• WORK TASK:
The number needed is how many lines in these entries contain "Permits"; give it alone.

(GIVEN INFORMATION)

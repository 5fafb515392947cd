-- ===== src/Minisched/Filters/Feasible.antt =====
-- minisched/minisched.go: which nodes RunFilterPlugins finds feasible, and whom it blames.
use mathlib.Core.List.{append_assoc, append-nil}
use mini_kube_scheduler.Common.{
  ◌≡◌, refl, sym, ◌∙◌, ap, ◌⊎◌, inl, inr, Bool, true, false, ◌||◌, List, [], ◌∷◌, ◌++◌, arith,
  Bool-cases, all, any, keep, keep-none, length, nat_beq, if◌then◌else◌,
}
use mini_kube_scheduler.Common.Keys.{Text, text_eq, ◌==◌}
use mini_kube_scheduler.Framework.{Framework, Pod, Node, success, is_success-with, is_success-new}
use mini_kube_scheduler.Minisched.Types.{FilterPlugin, fit_error}
use mini_kube_scheduler.Minisched.Filters.{
  feasible, unfit, filter_node, filter_nodes, run_filter_plugins,
}

or_left_comm : (a b c : Bool) → (a || (b || c)) ≡ ((b || a) || c)
or_left_comm a b c = ground arith

-- A filter that keeps nothing, and one that keeps something.
keep-ne_nil :
    {A : Type 0} (q : A → Bool) (xs : List A)
    → any q xs ≡ true
    → nat_beq (length (keep q xs)) 0 ≡ false
keep-ne_nil q [] h = absurd (ground arith)
keep-ne_nil q (x ∷ xs) h = ground (arith, keep-ne_nil q xs)

module _ ⦃fw : Framework⦄ (state : fw.CycleState) (pod : Pod) where
  abbrev accepts : Node → FilterPlugin → Bool
  accepts n pl = fw.is_success (pl.filter state pod (fw.new_node_info n))

  -- Every plugin accepts the node.
  abbrev pub passes : List FilterPlugin → Node → Bool
  passes pls n = all (accepts n) pls

  -- The plugin of that name is the first that rejects the node.
  abbrev pub rejected_by : List FilterPlugin → Text → Node → Bool
  rejected_by [] name n = false
  rejected_by (pl ∷ pls) name n = if accepts n pl then rejected_by pls name n else pl.name == name

  filter_node-success :
      (pls : List FilterPlugin) (n : Node) (status : fw.Status) (plugins : fw.StringSet)
      → fw.is_success status ≡ true
      → fw.is_success (filter_node state pod pls (fw.new_node_info n) status plugins).0
        ≡ passes pls n
  unfolding filter_node
  filter_node-success [] n status plugins h = h
  filter_node-success (pl ∷ pls) n status plugins h = elim (Bool-cases (accepts n pl)) [
    | inl e ↦ rw e (filter_node-success pls n (pl.filter state pod (fw.new_node_info n)) plugins e)
    | inr e ↦ rw e (is_success-with (pl.filter state pod (fw.new_node_info n)) pl.name ∙ e)
  ]

  filter_node-has :
      (pls : List FilterPlugin) (n : Node) (status : fw.Status) (plugins : fw.StringSet) (x : Text)
      → fw.has (filter_node state pod pls (fw.new_node_info n) status plugins).1 x
        ≡ (rejected_by pls x n || fw.has plugins x)
  unfolding filter_node
  filter_node-has [] n status plugins x = refl
  filter_node-has (pl ∷ pls) n status plugins x =
      let status' = pl.filter state pod (fw.new_node_info n) in
      elim (Bool-cases (accepts n pl)) [
        | inl e ↦ rw e (filter_node-has pls n status' plugins x)
        | inr e ↦ rw e (
            fw.has-insert _ x plugins
            ∙ ap (λ y. (y == x) || fw.has plugins x) (fw.failed_plugin-with status' pl.name))
      ]

  start : fw.Status
  start = fw.new_status success []

  filter_nodes-kept :
      (pls : List FilterPlugin) (ns nodes : List Node) (plugins : fw.StringSet)
      → (filter_nodes state pod pls ns nodes plugins).0 ≡ nodes ++ keep (passes pls) ns
  unfolding filter_nodes start
  filter_nodes-kept pls [] nodes plugins = sym (append-nil nodes)
  filter_nodes-kept pls (n ∷ ns) nodes plugins =
      let nodes' =
        λ (b : Bool). if b then nodes ++ fw.node_of (fw.new_node_info n) ∷ [] else nodes in
      let r = filter_node state pod pls (fw.new_node_info n) start plugins in
      filter_nodes-kept pls ns (nodes' (fw.is_success r.0)) r.1
      ∙ ap (λ b. nodes' b ++ keep (passes pls) ns)
          (filter_node-success pls n start plugins (is_success-new []))
      ∙ elim (Bool-cases (passes pls n)) [
        | inl e ↦ rw (fw.node_of-new n, e) (append_assoc nodes (n ∷ []) (keep (passes pls) ns))
        | inr e ↦ rw e refl
      ]

  filter_nodes-has :
      (pls : List FilterPlugin) (ns nodes : List Node) (plugins : fw.StringSet) (x : Text)
      → fw.has (filter_nodes state pod pls ns nodes plugins).1 x
        ≡ (any (rejected_by pls x) ns || fw.has plugins x)
  unfolding filter_nodes start
  filter_nodes-has pls [] nodes plugins x = refl
  filter_nodes-has pls (n ∷ ns) nodes plugins x =
      let r = filter_node state pod pls (fw.new_node_info n) start plugins in
      filter_nodes-has pls ns _ r.1 x
      ∙ ap (λ b. any (rejected_by pls x) ns || b) (filter_node-has pls n start plugins x)
      ∙ or_left_comm (any (rejected_by pls x) ns) (rejected_by pls x n) (fw.has plugins x)

  -- RunFilterPlugins succeeds exactly when some node passes every filter plugin, and then returns
  -- all the nodes that do, in the order given. Otherwise it returns a fit error, whose plugins are
  -- exactly those that were the first to reject some node.
  pub run_filter_plugins_lem :
      (pls : List FilterPlugin) (nodes : List Node) (x : Text)
      → ((any (passes pls) nodes ≡ true)
          × (run_filter_plugins state pod pls nodes ≡ feasible (keep (passes pls) nodes)))
        ⊎ (any (passes pls) nodes ≡ false)
          × (plugins : fw.StringSet) × (run_filter_plugins state pod pls nodes
              ≡ unfit (fit_error plugins))
          × (fw.has plugins x ≡ any (rejected_by pls x) nodes)
  unfolding run_filter_plugins
  run_filter_plugins_lem pls nodes x =
      let r = filter_nodes state pod pls nodes [] (fw.new_string []) in
      let kept = filter_nodes-kept pls nodes [] (fw.new_string []) in
      elim (Bool-cases (any (passes pls) nodes)) [
        | inl e ↦ inl (e, ground (arith, kept, keep-ne_nil (passes pls) nodes e))
        | inr e ↦ inr (
          e,
          r.1,
          ground (arith, kept, keep-none (passes pls) nodes e),
          filter_nodes-has pls nodes [] (fw.new_string []) x ∙ ground (arith, fw.has-new [] x),
        )
      ]
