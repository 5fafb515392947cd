-- ===== src/Minisched/Permits/Verdict.antt =====
-- minisched/minisched.go: what RunPermitPlugins returns, by what the plugins answer.
use mini_kube_scheduler.Common.{
  ℕ, ◌≡◌, refl, ◌∙◌, ◌⊎◌, inl, inr, Bool, true, false, not, ◌&&◌, ◌||◌, List, [], ◌∷◌, arith, any,
  In, All, Option, none, some, Option-cases, Bool-cases,
}
use mini_kube_scheduler.Common.Keys.{Text, text_eq, ◌==◌}
use mini_kube_scheduler.Common.Maps.{lookup, insert, lookup-insert}
use mini_kube_scheduler.Framework.{Framework, Pod, wait, is_wait_code, is_success-with}
use mini_kube_scheduler.NodeNumber.{Permitted}
use mini_kube_scheduler.WaitingPod.{WaitingPod, new_waiting_pod}
use mini_kube_scheduler.Minisched.Types.{PermitPlugin}
use mini_kube_scheduler.Minisched.Permits.{
  PermitLoop, permit_round, permit_loop, permit_end, PermitRun, run_permit_plugins, wait_message,
  permit_error,
}

-- A map has a value for the key.
abbrev pub has_key {κ} : {V : Type κ} → Text → List (Text × V) → Bool
has_key k m = elim (lookup k m) [ none ↦ false | some v ↦ true ]

pub key-lookup :
    {V : Type 0} (k : Text) (m : List (Text × V))
    → has_key k m ≡ true
    → (v : V) × (lookup k m ≡ some v)
key-lookup k m h = elim (Option-cases (lookup k m)) [
  | inl e ↦ absurd (ground arith)
  | inr found ↦ found
]

module _ ⦃fw : Framework⦄ where
  abbrev agrees_status : fw.Status → Bool
  agrees_status s = fw.is_success s || is_wait_code (fw.code s)

  -- A status that is neither a success nor a wait.
  abbrev pub IsRejection : fw.Status → Type 0
  IsRejection s = (fw.is_success s ≡ false) × (is_wait_code (fw.code s) ≡ false)

  -- The rounds that end the loop, and those that do not.
  round-rejects :
      (name : Text) (p : Permitted fw.Status) (l : PermitLoop)
      → agrees_status p.status ≡ false
      → (status : fw.Status) × ((permit_round name p l).rejected ≡ some status)
        × IsRejection status
        × (fw.failed_plugin status ≡ name)
  unfolding permit_round
  round-rejects name p l h = elim (Bool-cases (fw.is_unschedulable p.status)) [
    | inl e ↦ (
      fw.with_failed_plugin p.status name,
      ground arith,
      (ground (arith, is_success-with p.status name), ground (arith, fw.code-with p.status name)),
      fw.failed_plugin-with p.status name,
    )
    | inr e ↦
        let failed = fw.as_status (permit_error name (fw.as_error p.status)) in
        (
          fw.with_failed_plugin failed name,
          ground arith,
          (
            ground (
              arith,
              is_success-with failed name,
              fw.is_success-code failed,
              fw.code-as_status (permit_error name (fw.as_error p.status)),
            ),
            ground (
              arith,
              fw.code-with failed name,
              fw.code-as_status (permit_error name (fw.as_error p.status)),
            ),
          ),
          fw.failed_plugin-with failed name,
        )
  ]

  -- A plugin waits: its name gets a wait time.
  round-agrees :
      (name : Text) (p : Permitted fw.Status) (l : PermitLoop) (k : Text)
      → agrees_status p.status ≡ true
      → ((permit_round name p l).rejected ≡ l.rejected)
        × ((permit_round name p l).asked_to_wait
            ≡ (l.asked_to_wait || not (fw.is_success p.status)))
        × (has_key k (permit_round name p l).plugins_wait_time
            ≡ (has_key k l.plugins_wait_time || (not (fw.is_success p.status) && name == k)))
  unfolding permit_round
  round-agrees name p l k h = elim (Bool-cases (fw.is_success p.status)) [
    | inl e ↦ rw e (refl, ground arith, ground arith)
    | inr e ↦
        let not_unschedulable : fw.is_unschedulable p.status ≡ false =
          ground (arith, fw.is_unschedulable-code p.status) in
        let waiting : is_wait_code (fw.code p.status) ≡ true = ground arith in
        rw (e, not_unschedulable, waiting)
          (refl, ground arith, ground (arith, lookup-insert name k p.timeout l.plugins_wait_time))
  ]

module _ ⦃fw : Framework⦄ (state : fw.CycleState) (pod : Pod) (node_name : Text) where
  -- The plugin agrees to the node: it succeeds or asks to wait.
  abbrev pub agrees : PermitPlugin → Bool
  agrees pl = elim (pl.permit state pod node_name) [
    | none ↦ false
    | some p ↦ agrees_status p.status
  ]

  -- The plugin asks to wait.
  abbrev pub waits : PermitPlugin → Bool
  waits pl = elim (pl.permit state pod node_name) [
    | none ↦ false
    | some p ↦ not (fw.is_success p.status) && is_wait_code (fw.code p.status)
  ]

  -- A plugin that rejects, and with it the status of the loop.
  abbrev Rejected : List PermitPlugin → Option fw.Status → Type 0
  Rejected pls rejected =
      (status : fw.Status) × (pl : PermitPlugin) × (rejected ≡ some status)
      × In pl pls
      × (agrees pl ≡ false)
      × IsRejection status
      × (fw.failed_plugin status ≡ pl.name)

  -- All plugins agree, and the loop keeps the names of those that ask to wait.
  abbrev Agreed : List PermitPlugin → PermitLoop → PermitLoop → Text → Type 0
  Agreed pls l l' k =
      All (λ pl. agrees pl ≡ true) pls
      × (l'.rejected ≡ none)
      × (l'.asked_to_wait ≡ (l.asked_to_wait || any waits pls))
      × (has_key k l'.plugins_wait_time
          ≡ (has_key k l.plugins_wait_time || any (λ pl. waits pl && pl.name == k) pls))

  permit_loop_cases :
      (pls : List PermitPlugin) (l l' : PermitLoop) (k : Text)
      → l.rejected ≡ none
      → permit_loop state pod node_name pls l ≡ some l'
      → Rejected pls l'.rejected ⊎ Agreed pls l l' k
  unfolding permit_loop
  permit_loop_cases [] l l' k going h =
      let same : l ≡ l' = cc in inr (rw (← same) (tt, going, ground arith, ground arith))
  permit_loop_cases (pl ∷ pls) l l' k going h =
      elim (Option-cases (pl.permit state pod node_name)) [
        | inl e ↦ absurd (cc (rw (e, permit_loop) at h))
        | inr (p, e) ↦ elim (Bool-cases (agrees_status p.status)) [
          | inl ok ↦
              let (r, a, w) = round-agrees pl.name p l k ok in
              let go_on : permit_loop state pod node_name pls (permit_round pl.name p l) ≡ some l' =
                ground (arith, h, e, r, going) in
              elim (permit_loop_cases pls (permit_round pl.name p l) l' k (r ∙ going) go_on) [
                | inl (status, q, f, i, refuses, rejection, name) ↦
                    inl (status, q, f, inr i, refuses, rejection, name)
                | inr (all, f, a', w') ↦
                    inr ((rw (e, agrees) ok, all), f, ground arith, ground arith)
              ]
          | inr refuses ↦
              let (status, r, rejection, failed) = round-rejects pl.name p l refuses in
              let same : permit_round pl.name p l ≡ l' = ground (arith, h, e, r) in
              inl (status, pl, rw (← same) r, inl refl, rw (e, agrees) refuses, rejection, failed)
        ]
      ]

  -- RunPermitPlugins, when no plugin panics. If a plugin neither succeeds nor waits, the result is
  -- neither a success nor a wait, its failed plugin is such a plugin, and no pod starts to wait. If
  -- all agree and one asks to wait, the code is Wait, and a new waiting pod stands under the pod's
  -- uid, whose plugins are exactly those that asked to wait. If all succeed, the result is nil, and
  -- no pod starts to wait.
  pub run_permit_plugins_lem :
      (now : ℕ) (pls : List PermitPlugin) (waiting_pods : List (Text × WaitingPod)) (r : PermitRun)
      (k : Text)
      → run_permit_plugins now state pod node_name pls waiting_pods ≡ some r
      → ((pl : PermitPlugin) × In pl pls
          × (agrees pl ≡ false)
          × IsRejection r.status
          × (fw.failed_plugin r.status ≡ pl.name)
          × (r.waiting_pods ≡ waiting_pods))
        ⊎ (All (λ pl. agrees pl ≡ true) pls
            × (any waits pls ≡ true)
            × (fw.code r.status ≡ wait)
            × (times : List (Text × ℕ)) × (r.waiting_pods
                ≡ insert pod.uid (new_waiting_pod now pod times) waiting_pods)
            × (has_key k times ≡ any (λ pl. waits pl && pl.name == k) pls))
        ⊎ All (λ pl. agrees pl ≡ true) pls
          × (any waits pls ≡ false)
          × (r.status ≡ fw.nil_status)
          × (r.waiting_pods ≡ waiting_pods)
  unfolding run_permit_plugins permit_end
  run_permit_plugins_lem now pls waiting_pods r k h =
      elim (Option-cases (permit_loop state pod node_name pls start)) [
        | inl e ↦ absurd (cc (rw (e, run_permit_plugins) at h))
        | inr (l, e) ↦
            let ended : permit_end now pod waiting_pods l ≡ r = ground arith in
            elim (permit_loop_cases pls start l k refl e) [
              | inl (status, pl, f, i, refuses, rejection, name) ↦
                  let same : record {
                    status = status;
                    waiting_pods = waiting_pods;
                    allows = l.allows;
                  }
                      ≡ r =
                    ground arith in
                  inl (pl, i, refuses, rw (← same) rejection, rw (← same) name, rw (← same) refl)
              | inr (all, f, asked, times) ↦ elim (Bool-cases (any waits pls)) [
                | inl one ↦ inr (
                    inl (
                      all,
                      one,
                      ground (arith, fw.code-new wait (wait_message pod.name)),
                      l.plugins_wait_time,
                      ground arith,
                      times,
                    ))
                | inr nobody ↦ inr (inr (all, nobody, ground arith, ground arith))
              ]
            ]
      ]
    where
      start : PermitLoop
      start = record { rejected = none; plugins_wait_time = []; asked_to_wait = false; allows = [] }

(End GIVEN INFORMATION)

• ANSWER TO THIS EXERCISE:
2